Why Newsworks is right to rally support from the industry for Print

Newsworks recently presented to the industry the conclusions of a huge piece of research that they commissioned earlier this year. The study investigates the effectiveness of Print and Digital in today's connected world.

A quick glance at the Print industry suggests things are not looking great. Whether you look at Newsbrands national daily newspapers or Sundays, circulation or readership, the picture is bleak with approximately a 50% drop off since 2006. Even just looking over the past year, we saw declines of over 10%. In addition, advertising revenues have fallen by over a third in the last 5 years with digital channels taking a much larger share, accounting for a third of all media spend in 2015.

The aim of the analysis was to prove that despite this, Print is still effective and will continue to hold its own as part of an effective media strategy.

Our first response to the research is that we need to be clear as an industry on the data that we focus on to guide us in our investment decisions. While print readership and circulation for Newsbrands are declining, reach has more than doubled since 2011 when we add in mobile, desktop and multi-platform users.

Lorna Tilbian, an influential City media analyst, points to the example set by newspapers during Brexit. An extra 90,000 newspapers sold each day in June in the lead up to the national referendum.  Tilbian identifies this as an indicator of how people rely on newspapers for their opinion. It proves that readers are highly engaged with the content, which can translate into a 'hard ROI' for advertisers. In fact, the Newsworks study showed that advertising in newspapers improves the overall ROI by a factor of 3. Looking across our clients, we agree directionally with many of the conclusions from the Newsworks research, although sometimes not to the same extent. Working on an ROI basis with some of the UKs largest brands, we have advised over recent years that despite the reduction in readership, for most brands, investing in print is still the right thing to do in both the short and long term.

In our recent in-depth analysis of response for Thinkbox, we identified that Print drives on average 8% of the total short-term response (up to 3 months after the campaign) driven by media.
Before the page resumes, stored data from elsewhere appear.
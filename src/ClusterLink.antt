-- ===== src/ClusterLink.antt =====
-- internal/provider/resource_cluster_link.go: what is checked of a cluster link before it is created
-- (Links), the request that creates it, the cluster that the request is sent to (Request), and how a link is
-- created and read (Reads). Complete is on the request, Undrifted on a read.
pub mod Links
pub mod Request
pub mod Complete
pub mod Reads
pub mod Undrifted
mod Tests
In addition, we also identified that Print, along with OOH, is the second most powerful medium at driving brand metrics, delivering response over the longer-term (up to 2 years after the campaign). Digital, on the other hand, is the weakest channel at driving longer-term effects. 

Looking on a client-by-client basis across our top print spenders, this relationship continues to hold true. In addition, the multiplier effect of Print identified in the study is also clear to see, although less than the factor of 3 that Newsworks suggest. Within the pharmaceutical sector, Print delivers 10% more response when flighted at the same time as TV. This multiplicative effect is replicated in the travel sector, where Print proactively drives sales through the online channels. Its strongest impact is on affiliates, followed by display and search. Another highlight is in the Automotive sector, where we see that combining Print with TV has a stronger impact on brand health measures than just using TV alone, against the core target audience. Across key measures such as Consideration, Purchase Intent, Impression, Value and Reputation, Print drives an additional 3% uplift on the brand metrics.

The Newsworks Effectiveness Study and our own client examples back up that Print is still a strong medium, delivering against short term and longer term measures, both on its own and when used in conjunction with other media.

Nobody denies that Print readership has fallen in recent years. Newsworks however suggests that the industry has been too extreme in cutting print budgets. A 30% drop in revenues in the last five years has already been witnessed with industry forecasts estimating that revenues will continue to fall by 10% every year. Newsworks recommend that optimal investment levels print should be higher than they are currently.

Our own analysis agrees that Print budgets should be higher, not always to the same extent that the Newsworks research shows. The analysis we conduct for our clients allows us to make bespoke recommendations on the optimal allocation of budget between channels, based on maximising overall ROI. In recent years the analysis has suggested reducing print budgets, but not to the extent that the industry as a whole has. Yes Print ROIs have fallen a little, suggesting reallocating spend, but at much more conservative levels.